Year-on-year inflation for
September surged 94,7 percentage points on the
August figure to 265 percent,
the Central Statistical Office reported on
Monday.
The accommodation
rate is the rate at which the RBZ lends to financial
institutions and these
benchmark their rates against those of the central
bank.
Zimbabwe
National Chamber of Commerce president Mr Luxon Zembe said firms in
the
productive sector, already facing a myriad of problems that include
shortage
of foreign currency, raw materials and fuel, among others, would
have to
borrow at about 420 to 450 percent following the spike in the bank
rate.
"What that effectively means is that businesses will borrow
working capital
at between 420 and 450 percent and no business can survive
at that rate," Mr
Zembe said.
Consequently, he said, the resultant
high cost of borrowing would be
factored into the price of goods and
services and passed on to the
consumers.
Mr Zembe said businesses
that produce basic goods or offer basic services
would continue to borrow at
the prohibitive interest rates and consumers
would still buy as they had no
choice, but the effect of high prices would
be inflationary to the
economy.
On the other hand, said the ZNCC boss, businesses that produce
non-essentials would scale down operations as people would be reluctant to
buy at very high prices, leading the affected firms to close
shop.
Against such a background, "the productive sector is the one that
is going
to suffer most" from the latest bloat in interest rates, Mr Zembe
said.
On the bright side, investment on the money market would improve as
interest
on savings would rise.
Such a development would work in
RBZ's favour as it would encourage deposit
mobilisation thereby taking
excess money from the market, but inflation
remained public enemy number one
when the cost of borrowing rises, Mr Zembe
noted.
Latest developments
present mounting challenges for RBZ as it might be
tempted to reintroduce
concessionary funding as was the case under the
Productive Sector Facility
(PSF).
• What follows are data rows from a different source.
-- ===== src/Operation/Digest.antt =====
-- The keyed digest of a request, NewDigester and NewRequest of internal/operation/operation.go.
-- HMAC-SHA256 and Go's conversion of a string to its bytes are parameters.
pub mod Framing
use jetkvm_cli.Base.{
  ℕ, ◌^◌, ◌<◌, ◌≤◌, ◌≡◌, All, String, List, [], ◌∷◌, ◌++◌, arith, length, ltb, Result, ok, err,
  ◌>>=◌, ◌>>◌, refuse_if,
}
use jetkvm_cli.Domain.{EffectClass, effect_text}
use jetkvm_cli.Operation.{OperationError, invalid_digest_key, Request, validate_request}
use Framing.{
  IsFramable, put_uint64, put_uuid, frames, put_uint64-injective, put_uuid-injective,
  frames-injective,
}

pub record Digester : Type 0 where
  pub key : List ℕ

-- sha256.Size
abbrev pub digest_size : ℕ
digest_size = 32

unfoldable pub new_digester : List ℕ → Result OperationError Digester
new_digester key =
    refuse_if (ltb (length key) digest_size) invalid_digest_key >> ok (record { key = key })

-- The arguments of NewRequest.
pub record Arguments : Type 0 where
  pub id : ℕ
  pub device_id : String
  pub generation : ℕ
  pub effect : EffectClass
  pub action : String
  pub policy_revision : String
  pub canonical : List ℕ

-- The conversion `[]byte(s)`.
module _ (bytes : String → List ℕ) where
  -- The fields that NewRequest writes into the hash.
  abbrev pub digest_fields : Arguments → List (List ℕ)
  digest_fields a =
      bytes "jetkvm-operation-v1"
      ∷ put_uuid a.id
      ∷ bytes a.device_id
      ∷ put_uint64 a.generation
      ∷ bytes (effect_text a.effect)
      ∷ bytes a.action
      ∷ bytes a.policy_revision
      ∷ a.canonical
      ∷ []

  unfoldable pub digest_message : Arguments → List ℕ
  digest_message a = frames (digest_fields a)

  unfoldable pub new_request :
      (List ℕ → List ℕ → ℕ) → Digester → Arguments → Result OperationError Request
  new_request hmac d a = do
    refuse_if (ltb (length d.key) digest_size) invalid_digest_key
    let request : Request = record {
      id = a.id;
      digest = hmac d.key (digest_message a);
      device_id = a.device_id;
      control_generation = a.generation;
      effect = a.effect;
      action = a.action;
      policy_revision = a.policy_revision;
    }
    validate_request request
    ok request

  -- A request that NewRequest returns passes Validate, carries the identity that it was asked for,
  -- and has for its digest the hash of the framed message under the digester's key, which has at
  -- least 32 bytes.
  pub new_request-IsValid :
      (hmac : List ℕ → List ℕ → ℕ) (d : Digester) (a : Arguments) (r : Request)
      → new_request hmac d a ≡ ok r
      → (validate_request r ≡ ok tt)
        × (r.id ≡ a.id)
        × (r.device_id ≡ a.device_id)
        × (r.control_generation ≡ a.generation)
        × (r.digest ≡ hmac d.key (digest_message a))
        × (digest_size ≤ length d.key)
  unfolding new_request
  new_request-IsValid hmac d a r h = ground arith

  -- What fits the program's machine words and Go's lengths.
  pub record IsEncodable (a : Arguments) : Type 0 where
    pub id_fits : a.id < 2 ^ 128
    pub generation_fits : a.generation < 2 ^ 64
    pub device_id_fits : IsFramable (bytes a.device_id)
    pub effect_fits : IsFramable (bytes (effect_text a.effect))
    pub action_fits : IsFramable (bytes a.action)
    pub policy_revision_fits : IsFramable (bytes a.policy_revision)
    pub canonical_fits : IsFramable a.canonical

  fields-IsFramable :
      (a : Arguments)
      → IsFramable (bytes "jetkvm-operation-v1")
      → IsEncodable a
      → All IsFramable (digest_fields a)
  unfolding put_uint64 put_uuid
  fields-IsFramable a t e = omega arith

  -- The digest covers the whole request: where two encodable sets of arguments give the hash one
  -- message, they agree in ID, device, generation, effect text, action, policy revision and
  -- canonical arguments, provided that different strings have different bytes and the domain tag is
  -- shorter than 2^64 bytes.
  pub digest_message-injective :
      ((s t : String) → bytes s ≡ bytes t → s ≡ t)
      → IsFramable (bytes "jetkvm-operation-v1")
      → (a b : Arguments) → IsEncodable a
      → IsEncodable b
      → digest_message a ≡ digest_message b
      → (a.id ≡ b.id)
        × (a.device_id ≡ b.device_id)
        × (a.generation ≡ b.generation)
        × (effect_text a.effect ≡ effect_text b.effect)
        × (a.action ≡ b.action)
        × (a.policy_revision ≡ b.policy_revision)
        × (a.canonical ≡ b.canonical)
  unfolding digest_message
  digest_message-injective inj tag a b ha hb e = (
    put_uuid-injective a.id b.id ha.id_fits hb.id_fits (cc same),
    inj _ _ (cc same),
    put_uint64-injective a.generation b.generation ha.generation_fits hb.generation_fits (cc same),
    inj _ _ (cc same),
    inj _ _ (cc same),
    inj _ _ (cc same),
    cc same,
  )
    where
      same : digest_fields a ≡ digest_fields b
      same =
          frames-injective (digest_fields a) (digest_fields b) (fields-IsFramable a tag ha)
            (fields-IsFramable b tag hb) e
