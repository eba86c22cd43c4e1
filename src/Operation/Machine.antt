-- ===== src/Operation/Machine.antt =====
-- What the transition table of internal/operation/operation.go guarantees of whole runs.
use jetkvm_cli.Base.{ℕ, suc, ◌+◌, ◌≤◌, ◌<◌, ◌≡◌, ◌≢◌, ◌↔◌, refl, String, false, arith, ok}
use jetkvm_cli.Operation.{
  Stage, not_sent, send_started, transport_accepted, observation_started, state_observed, completed,
  failed, ambiguous, cancelled, unknown_stage, is_terminal, validate_transition,
}

-- The life of an operation as the table of ValidateTransition has it, as a relation. It is not the one
-- that docs/design.md, section 12, draws.
infix 40 ◌⟶◌
pub data ◌⟶◌ : Stage → Stage → Type 0 where
  begin_send : not_sent ⟶ send_started
  refuse_send : not_sent ⟶ failed
  cancel : not_sent ⟶ cancelled
  accept : send_started ⟶ transport_accepted
  lose : send_started ⟶ ambiguous
  observe : transport_accepted ⟶ observation_started
  finish_unobserved : transport_accepted ⟶ completed
  fail_accepted : transport_accepted ⟶ failed
  see : observation_started ⟶ state_observed
  finish_unseen : observation_started ⟶ completed
  fail_observing : observation_started ⟶ failed
  finish : state_observed ⟶ completed
  fail_observed : state_observed ⟶ failed

ruleset edges = (
  begin_send, refuse_send, cancel, accept, lose, observe, finish_unobserved, fail_accepted, see,
  finish_unseen, fail_observing, finish, fail_observed,
)

allows : {from to : Stage} → from ⟶ to → validate_transition from to ≡ ok tt
unfolding validate_transition
allows begin_send = refl
allows refuse_send = refl
allows cancel = refl
allows accept = refl
allows lose = refl
allows observe = refl
allows finish_unobserved = refl
allows fail_accepted = refl
allows see = refl
allows finish_unseen = refl
allows fail_observing = refl
allows finish = refl
allows fail_observed = refl

permits : (from to : Stage) → validate_transition from to ≡ ok tt → from ⟶ to
unfolding validate_transition
permits from to h = grind (arith, edges)

-- ValidateTransition accepts exactly the thirteen edges of this table, whatever texts the two stages
-- are.
pub validate_transition_iff :
    (from to : Stage) → (validate_transition from to ≡ ok tt) ↔ (from ⟶ to)
validate_transition_iff from to = (permits from to, allows)

-- `Life n from to`: n accepted transitions lead from one stage to the other.
pub data Life (from : Stage) : ℕ → Stage → Type 0 where
  here : Life from 0 from
  next :
      {n : ℕ} {mid to : Stage}
      → Life from n mid
      → validate_transition mid to ≡ ok tt
      → Life from (suc n) to

abbrev rank : Stage → ℕ
rank not_sent = 0
rank send_started = 1
rank transport_accepted = 2
rank observation_started = 3
rank state_observed = 4
rank _ = 5

edge-rank-lt : {from to : Stage} → from ⟶ to → rank from < rank to
edge-rank-lt begin_send = omega arith
edge-rank-lt refuse_send = omega arith
edge-rank-lt cancel = omega arith
edge-rank-lt accept = omega arith
edge-rank-lt lose = omega arith
edge-rank-lt observe = omega arith
edge-rank-lt finish_unobserved = omega arith
edge-rank-lt fail_accepted = omega arith
edge-rank-lt see = omega arith
edge-rank-lt finish_unseen = omega arith
edge-rank-lt fail_observing = omega arith
edge-rank-lt finish = omega arith
edge-rank-lt fail_observed = omega arith

rank-le : (s : Stage) → rank s ≤ 5
rank-le s = ground arith

Life-rank : {from to : Stage} {n : ℕ} → Life from n to → rank from + n ≤ rank to
Life-rank here = omega arith
Life-rank (next {mid = mid} {to = to} life h) =
    omega (arith, Life-rank life, edge-rank-lt (permits mid to h))

-- Every operation ends: no run of accepted transitions, from any stage, has more than five steps.
pub Life-length-le : {from to : Stage} {n : ℕ} → Life from n to → n ≤ 5
Life-length-le {to = to} life = omega (arith, Life-rank life, rank-le to)

abbrev pub CrossedBoundary : Stage → Type 0
CrossedBoundary not_sent = ⊥
CrossedBoundary cancelled = ⊥
CrossedBoundary _ = Unit {0}

edge-CrossedBoundary : {from to : Stage} → from ⟶ to → CrossedBoundary from → CrossedBoundary to
edge-CrossedBoundary begin_send c = tt
edge-CrossedBoundary refuse_send c = tt
edge-CrossedBoundary cancel c = c
edge-CrossedBoundary accept c = tt
edge-CrossedBoundary lose c = tt
edge-CrossedBoundary observe c = tt
edge-CrossedBoundary finish_unobserved c = tt
edge-CrossedBoundary fail_accepted c = tt
edge-CrossedBoundary see c = tt
edge-CrossedBoundary finish_unseen c = tt
edge-CrossedBoundary fail_observing c = tt
edge-CrossedBoundary finish c = tt
edge-CrossedBoundary fail_observed c = tt

Life-CrossedBoundary :
    {from to : Stage} {n : ℕ} → CrossedBoundary from → Life from n to → CrossedBoundary to
Life-CrossedBoundary c here = c
Life-CrossedBoundary c (next {mid = mid} {to = to} life h) =
    edge-CrossedBoundary (permits mid to h) (Life-CrossedBoundary c life)

-- The no-replay boundary: from `send_started` no run of accepted transitions, however long, leads
-- back to `not_sent` or to `cancelled`.
pub send_started_never_unsent :
    (n : ℕ) → (¬ Life send_started n not_sent) × (¬ Life send_started n cancelled)
send_started_never_unsent n = (Life-CrossedBoundary tt, Life-CrossedBoundary tt)

-- A named stage has a legal successor exactly when it is not terminal.
pub successor_iff_not_terminal :
    (s : Stage)
    → ((r : String) → s ≢ unknown_stage r)
    → ((to : Stage) × (validate_transition s to ≡ ok tt)) ↔ (is_terminal s ≡ false)
unfolding validate_transition
successor_iff_not_terminal s known = (λ e. ground (arith, e.1), back s known)
  where
    back :
        (s : Stage)
        → ((r : String) → s ≢ unknown_stage r)
        → is_terminal s ≡ false
        → (to : Stage) × (validate_transition s to ≡ ok tt)
    back not_sent k t = (send_started, refl)
    back send_started k t = (ambiguous, refl)
    back transport_accepted k t = (completed, refl)
    back observation_started k t = (completed, refl)
    back state_observed k t = (completed, refl)
    back (unknown_stage r) k t = absurd (k r refl)
    back completed k t = cc
    back failed k t = cc
    back ambiguous k t = cc
    back cancelled k t = cc
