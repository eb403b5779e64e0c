-- ===== src/Examples/Changes.antt =====
-- Changes of state: a termination, a stop, a report, a crash and a recovery.
use agentbeacon.Base.{
  none, some, refl, true, ◌+◌, ltb, ◌&&◌, ◌≡◌, count_where, All, String, is_some, subst,
  if◌then◌else◌, ◌∷◌, [],
}
use agentbeacon.Tables.{Db, running, unassigned, crashed, Session}
use mathlib.Core.Option.{some-injective}
use agentbeacon.Tx.{ok, ◌>>=◌}
use agentbeacon.Tx.Inverse.{Ok}
use agentbeacon.Transition.Apply.{terminate_session}
use agentbeacon.Transition.Apply.Ends.{terminate_session-Ended}
use agentbeacon.Transition.Terminal.{write_execution_terminal, find_root, root_is_terminal}
use agentbeacon.Transition.Terminal.Effects.{
  failed_ends, execution_ends, may_fail, is_open, ended_execution,
}
use agentbeacon.Tables.{failed}
use agentbeacon.Transition.Desire.{terminate_failed}
use agentbeacon.Transition.Desire.Ends.{ended_row}
use agentbeacon.Statements.{
  find_execution, find_session, update_where, count_pending_turns, get_session, pending_turns,
}
use agentbeacon.Transition.Activity.{derive_execution_outcome, sessions_of, some_active}
use agentbeacon.Transition.Activity.Derived.{
  derive_execution_outcome-derived, derived_outcome, ParentsAreThere,
}
use agentbeacon.Transition.Desire.{set_terminate, set_stop}
use agentbeacon.Transition.Desire.Ends.{Ended}
use agentbeacon.Transition.Desire.Drains.{stop_drains, Drained}
use agentbeacon.Transition.Executor.{set_executor_state, reported, may_report, cleared_command}
use agentbeacon.Transition.Executor.Owner.{report_by_owner}
use agentbeacon.Transition.Recovery.{detect_crash, retry_recovery}
use agentbeacon.Transition.Recovery.Effects.{recovery_counts, crash_releases, may_crash, may_retry}
use agentbeacon.Examples.Rows.{root, child, broken, calm, database_rows, state_of}

abbrev pub finished : Db
finished = state_of database_rows (set_terminate root "user" none calm database_rows)

root_ends : Ok (terminate_session "x1" "root" "user") calm database_rows tt finished
unfolding terminate_session set_terminate ◌>>=◌ find_execution find_session count_pending_turns
    some_active pending_turns update_where
root_ends = refl

terminate_session-Ended_example : Ended "root" "user" 100 database_rows finished
terminate_session-Ended_example =
    terminate_session-Ended "x1" "root" "user" calm database_rows finished root_ends

abbrev stopped_child : Db
stopped_child = state_of database_rows (set_stop child "user" (some "root") calm database_rows)

child_stops : Ok (set_stop child "user" (some "root")) calm database_rows tt stopped_child
unfolding set_stop ◌>>=◌ find_execution find_session count_where update_where
child_stops = refl

stop_drains_example :
    (t : Session) × (find_session "child" database_rows.sessions ≡ some t)
    × Drained t "child" database_rows stopped_child
stop_drains_example =
    stop_drains child "user" (some "root") calm database_rows stopped_child refl child_stops

abbrev after_report : Db
after_report =
    state_of database_rows (set_executor_state child running "w1" none calm database_rows)

report_accepted : Ok (set_executor_state child running "w1" none) calm database_rows tt after_report
unfolding set_executor_state ◌>>=◌ find_execution find_session get_session count_where update_where
report_accepted = refl

report_by_owner_example :
    (t : Session) × (find_session "child" database_rows.sessions ≡ some t)
    × (ltb 0 (count_where (may_report "child" "w1") database_rows.sessions) ≡ true)
    × (after_report.sessions
        ≡ update_where (may_report "child" "w1") (reported running t 100) database_rows.sessions)
    × (after_report.task_queue ≡ database_rows.task_queue)
report_by_owner_example =
    report_by_owner child running "w1" none calm database_rows after_report report_accepted

abbrev recovered : Db
recovered = state_of database_rows (retry_recovery broken calm database_rows)

recovery_accepted : Ok (retry_recovery broken) calm database_rows tt recovered
unfolding retry_recovery ◌>>=◌ find_execution find_session count_where get_session update_where
recovery_accepted = refl

recovery_counts_example :
    (ltb 0 (count_where (may_retry "broken") database_rows.sessions) ≡ true)
    × (recovered.sessions
        ≡ update_where
            (may_retry "broken")
            (λ t. record t {
              executor_state = unassigned;
              recovery_attempts = t.recovery_attempts + 1;
              updated_at = 100;
            })
            database_rows.sessions)
    × (recovered.task_queue ≡ database_rows.task_queue)
recovery_counts_example = recovery_counts broken calm database_rows recovered recovery_accepted

abbrev lost_child : Db
lost_child = state_of database_rows (detect_crash child calm database_rows)

crash_accepted : Ok (detect_crash child) calm database_rows tt lost_child
unfolding detect_crash ◌>>=◌ find_execution find_session get_session count_where update_where
crash_accepted = refl

crash_releases_example :
    (ltb 0 (count_where (may_crash "child") database_rows.sessions) ≡ true)
    × (lost_child.sessions
        ≡ update_where
            (may_crash "child")
            (λ t. record (cleared_command t) {
              executor_state = crashed;
              worker_id = none;
              updated_at = 100;
            })
            database_rows.sessions)
    × (lost_child.task_queue ≡ database_rows.task_queue)
crash_releases_example = crash_releases child calm database_rows lost_child crash_accepted

root_found :
    (p : String) → some "root" ≡ some p → is_some (find_session p database_rows.sessions) ≡ true
unfolding find_session
root_found p h =
    subst (λ q. is_some (find_session q database_rows.sessions) ≡ true) (some-injective "root" p h)
      refl

parents : All (ParentsAreThere database_rows) database_rows.sessions
unfolding ParentsAreThere
parents = (λ p h. absurd (cc), (λ p h. root_found p h, (λ p h. root_found p h, tt)))

derive_execution_outcome-derived_example :
    derive_execution_outcome "x1" calm database_rows
    ≡ ok (derived_outcome database_rows "x1", database_rows)
unfolding sessions_of
derive_execution_outcome-derived_example =
    derive_execution_outcome-derived calm database_rows "x1" (λ label. refl) parents

abbrev failed_broken : Db
failed_broken = state_of database_rows (terminate_failed broken "system" true calm database_rows)

broken_fails : Ok (terminate_failed broken "system" true) calm database_rows tt failed_broken
unfolding terminate_failed ◌>>=◌ find_execution find_session count_where update_where
broken_fails = refl

failed_ends_example :
    (ltb 0 (count_where (may_fail "broken" true) database_rows.sessions) ≡ true)
    × (failed_broken.sessions
        ≡ update_where
            (may_fail "broken" true)
            (ended_row failed "system" 100)
            database_rows.sessions)
failed_ends_example = failed_ends broken "system" true calm database_rows failed_broken broken_fails

-- A root that has failed, in an execution that is open.
abbrev failed_root : Db
failed_root = record database_rows { sessions = ended_row failed "user" 90 root ∷ [] }

abbrev closed_execution : Db
closed_execution = state_of failed_root (write_execution_terminal "x1" failed calm failed_root)

execution_closes : Ok (write_execution_terminal "x1" failed) calm failed_root true closed_execution
unfolding write_execution_terminal ◌>>=◌ find_execution find_session count_where
execution_closes = refl

execution_ends_example :
    (true ≡ (
      root_is_terminal (find_root "x1" failed_root)
      && ltb 0 (count_where (is_open "x1") failed_root.executions)))
    × (closed_execution.sessions ≡ failed_root.sessions)
    × (closed_execution.executions ≡ (
        if root_is_terminal (find_root "x1" failed_root)
        then update_where (is_open "x1") (ended_execution failed 100) failed_root.executions
        else failed_root.executions))
execution_ends_example =
    execution_ends "x1" failed calm failed_root closed_execution true execution_closes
The central bank introduced the PSF when
borrowing on the open market
became unsustainable leading to a slump in
capacity
utilisation.
Following the introduction of RBZ's PSF firms' capacity
utilisation levels
were reported to have improved to over 60 percent from as
low as 30 percent
at the end of 2003.
At the beginning of 2004,
borrowing on the open market had become
prohibitive as interest rates shot
to as high 400 percent with the inflation
rate running way ahead at around
600 percent.
Presently, due a host of factors, chief among them fuel and
hard currency
shortages, capacity utilisation is said to have again dropped
to worrisome
levels.
As such, in the face of the new cost of
borrowing challenges companies are
certainly going to face, stakeholders
have reiterated the need for a
holistic approach to solving the distorted
economic fundamentals causing the
prevailing difficulties.
Calls have
been made on numerous occasions and at different forums that the
present
economic challenges should be addressed, not only from the monetary
side
only, but from the fiscal and political angles as well.
Other economic
commentators have called for a harmonisation of the monetary
and fiscal
policies.
Addressing the fiscal side of things could, among other
measures, entail
trimming the civil service as the current state of the
economy cannot
sustain the present numbers.
On the political front,
analysts said, there is need for unanimity in the
turnaround programme where
stakeholders should pull in the same direction on
issues such as adopting a
free market economic system.
Analysts said there apparently were
contradictions among politicians with
some calling for a free market-based
economy while others continued to
advocate for price controls.
And it
was until such economic structural changes were embraced that the
fight
against numerous economic ills would begin to bear fruit.